I was advised to just “let go” and let the system do its thing and it seems easier now to do exactly that. There are still a few minor things about the system which I do not like BUT my total daily dose is now ridiculously low; around 19 units a day which is great news for me. Checking my reports recently I was also about 88% of the time in range so it feels way better now than when I first started.
A big problem for me is patience… but, with insurance coverage being what it is here there was really no option to just change my mind and switch to another device.
Thanks again for the encouragement. It helps so much to have support from this community.
Hang in there. I have the same model of pump. I had a real problem at first with sensor life and crazy things like what you were having. Medtronic replace the sensor transmitter and it works much better. Not perfect but yes I have highs (300-400) and lows (42) at first and then it smoothed out. If it really acts weird, go off of auto mode for a day or two and let it stabilize, then go back on auto mode and it should work better. I am really surprised your trainer mentioned anything about changing your Carb rate. That should be handled by your doctor.

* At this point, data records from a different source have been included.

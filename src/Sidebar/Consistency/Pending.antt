-- ===== src/Sidebar/Consistency/Pending.antt =====
-- Consistent sessions under the placeholders of rooms that wait to be joined
-- (sidebar_domain_service.rs), and under the other steps of these operations.
use prose_core_client.Base.{
  String, refl, arith, ℕ, ◌≤◌, ◌<◌, Bool, true, false, inl, inr, Option-cases, string_eq,
}
use prose_core_client.Base.Assoc.{lookup, lookup-insert}
use prose_core_client.Shared.Ids.{UserId, room_bare_jid}
use prose_core_client.Rooms.RoomModels.{Bookmark}
use prose_core_client.Rooms.ConnectedRooms.{get, set}
use prose_core_client.Rooms.Room.{Room, room_id, Session, new_room, pending_room, dispatch}
use prose_core_client.Rooms.Service.Consistent.{
  look, ConsistentAt, Consistent, same-Consistent, with-Consistent,
}
use prose_core_client.Sidebar.{sidebar_changed}
use prose_core_client.Sidebar.Changes.{set_if_free}
use prose_core_client.Sidebar.Extend.{notify_if}

pub sidebar_changed-Consistent : (s : Session) → Consistent s → Consistent (sidebar_changed s)
unfolding sidebar_changed dispatch
sidebar_changed-Consistent s h = h

pub notify_if-Consistent : (b : Bool) (s : Session) → Consistent s → Consistent (notify_if b s)
unfolding notify_if sidebar_changed dispatch
notify_if-Consistent true s h = h
notify_if-Consistent false s h = h

-- A room that was just made is put in where its place is free, and dropped otherwise.
set_if_free-Consistent :
    (r : Room) (s : Session) (fresh : ℕ)
    → ConsistentAt (look s) fresh
    → fresh ≤ r.inner
    → r.inner < s.fresh
    → Consistent (set_if_free (r, s))
unfolding set_if_free set get room_bare_jid
set_if_free-Consistent r s fresh h unused made =
    elim (Option-cases (lookup (room_bare_jid (room_id r)) s.connected)) [
      | inl free ↦
          rw (set_if_free, set, free)
            (with-Consistent (look s) fresh h _ (room_bare_jid (room_id r)) r s.fresh
              (λ other. lookup-insert (room_bare_jid (room_id r)) other r s.connected) refl unused
              made)
      | inr (old, there) ↦
          rw (set_if_free, set, there)
            (same-Consistent (look s) fresh h (look s) s.fresh (λ id. refl) (omega arith))
    ]

pub pending_room-Consistent :
    (username : UserId → String) (b : Bookmark) (nickname : String) (s : Session)
    → Consistent s
    → Consistent (set_if_free (pending_room username b nickname s))
unfolding pending_room new_room
pending_room-Consistent username b nickname s h =
    let made = pending_room username b nickname s in
    set_if_free-Consistent made.0 made.1 s.fresh h (omega arith) (omega arith)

Hi @gbdover. My trainer and my endocrinologist have been working together for so long that he’s authorized her to make such changes. It’s been my experience that the MD’s really don’t take a very hands-on role when it comes to technology; other than prescribing them. If your doc knows (and I’m not saying it’s acceptable that they don’t) then that’s great. I think they should go for training just like we do. It would help.
Medtronic did wind up replacing the first Guardian that came with my system. The new one does NOT do that infuriating “Enter BG” loop of death anymore, lol.
I feel like I’m doing much better with it overall and actually enjoy knowing what to do (or, not do ) with it.